| ENTRIES SHOWN |

--------------------------------

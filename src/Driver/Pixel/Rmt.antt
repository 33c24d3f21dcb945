-- ===== src/Driver/Pixel/Rmt.antt =====
-- driver/pixel/pixel_driver.c, the variant for the RMT unit: its encoder.
pub mod Transfer
use agcore.Prelude.{
  ℕ, zero, suc, ◌+◌, ◌*◌, ◌/◌, List, [], ◌∷◌, ◌++◌, Bool, true, false, ltb, ◌==◌, not,
  if◌then◌else◌, bit_and, set, get_or, take, length, replicate, ◌>>>◌,
}

-- `rmt_symbol_word_t`: two levels with their times in ticks of 0.1 microseconds.
pub record Symbol : Type 0 where
  pub level0 : ℕ
  pub duration0 : ℕ
  pub level1 : ℕ
  pub duration1 : ℕ

abbrev pub ws2812b_bit0 : Symbol
ws2812b_bit0 = record { level0 = 1; duration0 = 3; level1 = 0; duration1 = 9 }

abbrev pub ws2812b_bit1 : Symbol
ws2812b_bit1 = record { level0 = 1; duration0 = 9; level1 = 0; duration1 = 3 }

abbrev pub ws2812b_reset : Symbol
ws2812b_reset = record { level0 = 0; duration0 = 250; level1 = 0; duration1 = 250 }

-- The loop over the mask, with the rounds left: `bitmask >>= 1` until it is 0.
unfoldable pub encode_bits : ℕ → ℕ → ℕ → ℕ → List Symbol → List Symbol
encode_bits zero bitmask byte symbol_pos symbols = symbols
encode_bits (suc rounds) bitmask byte symbol_pos symbols =
    encode_bits rounds (bitmask >>> 1) byte (symbol_pos + 1)
      (set symbols symbol_pos (if bit_and byte bitmask == 0 then ws2812b_bit0 else ws2812b_bit1))

-- The symbols after the callback, how many it wrote, and whether it is done.
unfoldable pub encoder_callback : List ℕ → ℕ → ℕ → List Symbol → List Symbol × ℕ × Bool
encoder_callback bytes symbols_written symbols_free symbols =
    if ltb symbols_free 8
    then (symbols, 0, false)
    else if ltb (symbols_written / 8) (length bytes)
    then (encode_bits 8 0x80 (get_or bytes (symbols_written / 8) 0) 0 symbols, 8, false)
    else (set symbols 0 ws2812b_reset, 1, true)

--------------------------------

| WHAT THIS TASK INVOLVES |
Each line from the top of the records down to the one with "encode_bits zero bitmask" must be retyped exactly; include both ends and nothing else.

| WRITTEN SOLUTION |
filename src/Driver/Pixel/Rmt.antt
repository 33c24d3f21dcb945
-- ===== src/Driver/Pixel/Rmt.antt =====
-- driver/pixel/pixel_driver.c, the variant for the RMT unit: its encoder.
pub mod Transfer
use agcore.Prelude.{
  ℕ, zero, suc, ◌+◌, ◌*◌, ◌/◌, List, [], ◌∷◌, ◌++◌, Bool, true, false, ltb, ◌==◌, not,
  if◌then◌else◌, bit_and, set, get_or, take, length, replicate, ◌>>>◌,
}

-- `rmt_symbol_word_t`: two levels with their times in ticks of 0.1 microseconds.
pub record Symbol : Type 0 where
  pub level0 : ℕ
  pub duration0 : ℕ
  pub level1 : ℕ
  pub duration1 : ℕ

abbrev pub ws2812b_bit0 : Symbol
ws2812b_bit0 = record { level0 = 1; duration0 = 3; level1 = 0; duration1 = 9 }

abbrev pub ws2812b_bit1 : Symbol
ws2812b_bit1 = record { level0 = 1; duration0 = 9; level1 = 0; duration1 = 3 }

abbrev pub ws2812b_reset : Symbol
ws2812b_reset = record { level0 = 0; duration0 = 250; level1 = 0; duration1 = 250 }

-- The loop over the mask, with the rounds left: `bitmask >>= 1` until it is 0.
unfoldable pub encode_bits : ℕ → ℕ → ℕ → ℕ → List Symbol → List Symbol
encode_bits zero bitmask byte symbol_pos symbols = symbols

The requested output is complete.